Los había conocido a todos,
desde el Grupo Apollo hasta la Liga Pen,
Rashid Ayyub, Elia Abu Madi, Abu Shady y el resto,
pero eligieron el camino sin fin, vagaron
por el mundo, sortearon y recorrieron las Américas,
no siempre como un león (me guiñó un ojo);
había derribado más de una gacela en las nieves de Chicago,
le había disparado más de una doncella en las orillas del Amazonas...
entre ellas una mulata, cuya belleza al rojo vivo aún le perseguía.
que le había dado un hijo en alguna selva de su camino.
Había sido guía turístico
guiando a turistas de Miami a Brasil
a través de ciudades cuyos nombres nunca había oído, un chef
en un barco que cruzaba el Caribe,
había probado frutas extrañas, tenido roces con la muerte, némesis del placer,
en más de una ocasión,
(había sido, durante un tiempo, contrabandista);
En efecto, hubo un tiempo, amigo mío,
un tiempo en que se había llamado a sí mismo un príncipe
y poseía una hilera de casas
hasta que el socio traicionero había aparecido como el Destino
seguido, en busca del olvido, por la bebida
luego las mujeres y sus artimañas, luego los abogados ladrones rondando su cabeza
como halcones, luego la cara del juez asquenazí
como la cometa de la fatalidad aleteando sobre
la colina de basura, luego el abismo
de la penuria.
Y aquí estaba
por fin en San Francisco, donde
la tormenta final lo había arrojado años antes
agotado por el viaje, cocinando desde medianoche
hasta el amanecer, en este restaurante con vistas al mar llamado El Faro,
para estos pájaros nocturnos, estos vagabundos;
pero me explicó que las cosas siempre habían sido así,
siempre habían sido siempre siempre así,
y me recordó que Khalil Mutran
había abierto una tienda de venta de carbón en alguna ciudad del exilio
(¿Río de Janeiro?
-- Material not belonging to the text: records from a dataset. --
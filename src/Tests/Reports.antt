-- ===== src/Tests/Reports.antt =====
-- Two MRO reports of one object each, as sed leaves them.
use cpp_study.Base.{
  [], ◌∷◌, ◌++◌, ◌≡◌, refl, Bool, true, false, some, if◌then◌else◌, List, ltb, ltb→lt, length,
}
use cpp_study.Base.Exec.{Ends}
use cpp_study.Base.Chars.{codes, has_key}
use cpp_study.Ini.{Text}
use cpp_study.Measure.{use_size, MroState, empty_mre, empty_mro, pieces, words, mro_loop}
use cpp_study.Measure.Csv.{Files, csv_path}
use cpp_study.Measure.Fields.{AllShort}
use cpp_study.Measure.Rows.{
  ObjectPart, all_rows, file_lines, AllObjects, AllPassed, IsInside, IsStop, mro_loop-rows,
}
use cpp_study.Measure.Main.{World, judge_file_type, delete_something, name_loop}
use cpp_study.Measure.Deals.{
  Report, IsReport, Written, Listing, listed_none, listed_dots, listed_one, name_loop-Written,
}

abbrev first_line : Text
first_line = codes "<?xml version 1\n"

abbrev heading_line : Text
heading_line = codes "<object id 7 a 1\n"

abbrev value_line : Text
value_line = codes "<v 90 1 2 3 4 5 6 38 9 88\n"

abbrev end_line : Text
end_line = codes "</measurement\n"

abbrev part : ObjectPart
part = record { heading = heading_line; lines = value_line ∷ value_line ∷ [] }

abbrev all_short : List Text → Bool
all_short [] = true
all_short (t ∷ ts) = let rest = all_short ts in if ltb (length t) use_size then rest else false

all_short-AllShort : (ts : List Text) → all_short ts ≡ true → AllShort ts
all_short-AllShort [] e = tt
all_short-AllShort (t ∷ ts) e = by_size (ltb (length t) use_size) refl e (all_short-AllShort ts)
  where
    by_size :
        (b : Bool)
        → ltb (length t) use_size ≡ b
        → (if b then all_short ts else false) ≡ true
        → (all_short ts ≡ true → AllShort ts)
        → AllShort (t ∷ ts)
    by_size true h e next = (ltb→lt (length t) use_size h, next e)
    by_size false h e next = absurd (cc e)

heading-AllShort : AllShort (words heading_line)
unfolding words
heading-AllShort = all_short-AllShort (words heading_line) refl

value-AllShort : AllShort (words value_line)
unfolding words
value-AllShort = all_short-AllShort (words value_line) refl

part-AllObjects : AllObjects (part ∷ [])
unfolding has_key
part-AllObjects =
    let inside : IsInside value_line = (refl, refl, value-AllShort) in
    ((refl, heading-AllShort, (inside, (inside, tt))), tt)

end_line-IsStop : IsStop end_line
unfolding has_key
end_line-IsStop = (refl, refl, refl)

first_line-AllPassed : AllPassed (first_line ∷ [])
unfolding has_key
first_line-AllPassed = ((refl, refl, refl), tt)

abbrev start : MroState
start = record { mro_buf = empty_mro; overlapp = 0; mod3 = 0; overshoot = 0; vec_mro = [] }

mro_loop-rows_example :
    Ends
      (λ t. t.vec_mro ≡ [] ++ all_rows (part ∷ []))
      (mro_loop (file_lines (part ∷ []) (end_line ∷ [])) start)
mro_loop-rows_example = mro_loop-rows (part ∷ []) end_line [] start part-AllObjects end_line-IsStop

abbrev report_text : Text
report_text = first_line ++ (heading_line ++ (value_line ++ (value_line ++ end_line)))

abbrev report : Text → Text → Report
report name csv = record {
  name = name;
  raw = report_text;
  content = report_text;
  csv = csv;
  preamble = first_line ∷ [];
  objects = part ∷ [];
  stop = end_line;
  rest = [];
}

abbrev reports : List Report
reports =
    report (codes "TD_MRO_1.xml") (codes "/home/saveFile/TD_MRO_1.csv")
    ∷ report (codes "TD_MRO_2.xml") (codes "/home/saveFile/TD_MRO_2.csv")
    ∷ []

-- The reports are clean, so that sed changes nothing.
abbrev system : Text → Files → Files
system command files = files

abbrev may_write : Text → Bool
may_write path = true

first-IsReport :
    IsReport system may_write (report (codes "TD_MRO_1.xml") (codes "/home/saveFile/TD_MRO_1.csv"))
unfolding judge_file_type csv_path pieces delete_something
first-IsReport = record {
  named = refl;
  typed = refl;
  saved = refl;
  writable = refl;
  read_as = refl;
  leads = first_line-AllPassed;
  parts = part-AllObjects;
  stops = end_line-IsStop;
  rewrites = λ files e. e;
  touches = λ files other n. refl;
}

second-IsReport :
    IsReport system may_write (report (codes "TD_MRO_2.xml") (codes "/home/saveFile/TD_MRO_2.csv"))
unfolding judge_file_type csv_path pieces delete_something
second-IsReport = record {
  named = refl;
  typed = refl;
  saved = refl;
  writable = refl;
  read_as = refl;
  leads = first_line-AllPassed;
  parts = part-AllObjects;
  stops = end_line-IsStop;
  rewrites = λ files e. e;
  touches = λ files other n. refl;
}

abbrev world : World
world = record {
  files = λ path. some report_text;
  overlapp_coverage = 0;
  mod3_ncells = 0;
  overshoot_aoa = 0;
  vec_mre = [];
  vec_mro = [];
}

-- What readdir gives for the directory.
abbrev listing : List Text
listing = codes "." ∷ codes "TD_MRO_1.xml" ∷ codes ".." ∷ codes "TD_MRO_2.xml" ∷ []

listing-Listing : Listing listing reports
listing-Listing = listed_dots refl (listed_one (listed_dots refl (listed_one listed_none)))

name_loop-Written_example :
    Ends
      (λ t. Written [] reports t.files)
      (name_loop system may_write empty_mre empty_mro listing world)
name_loop-Written_example =
    name_loop-Written system may_write empty_mre empty_mro listing reports world listing-Listing
      (first-IsReport, (second-IsReport, tt)) ((((refl, refl), (refl, refl)), tt), (tt, tt))
      (refl, (refl, tt))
Él, muy posiblemente con más de sesenta años, olvidó el lugar)
donde, cuando un cliente se marchaba cargado
y otro con las bolsas vacías miraba a la puerta,
anotaba en su libro de contabilidad
versos.
Se despidió sonriendo
y agitando su cuaderno en el aire
y le vi volver a sus fogones y subir el humo
una vez más, el cuaderno puesto de nuevo en un estante en el que
un ejemplar andrajoso de El Profeta de Gibran.
Vi su humo elevarse de nuevo.
Vi una vez más el cedro en su cuaderno.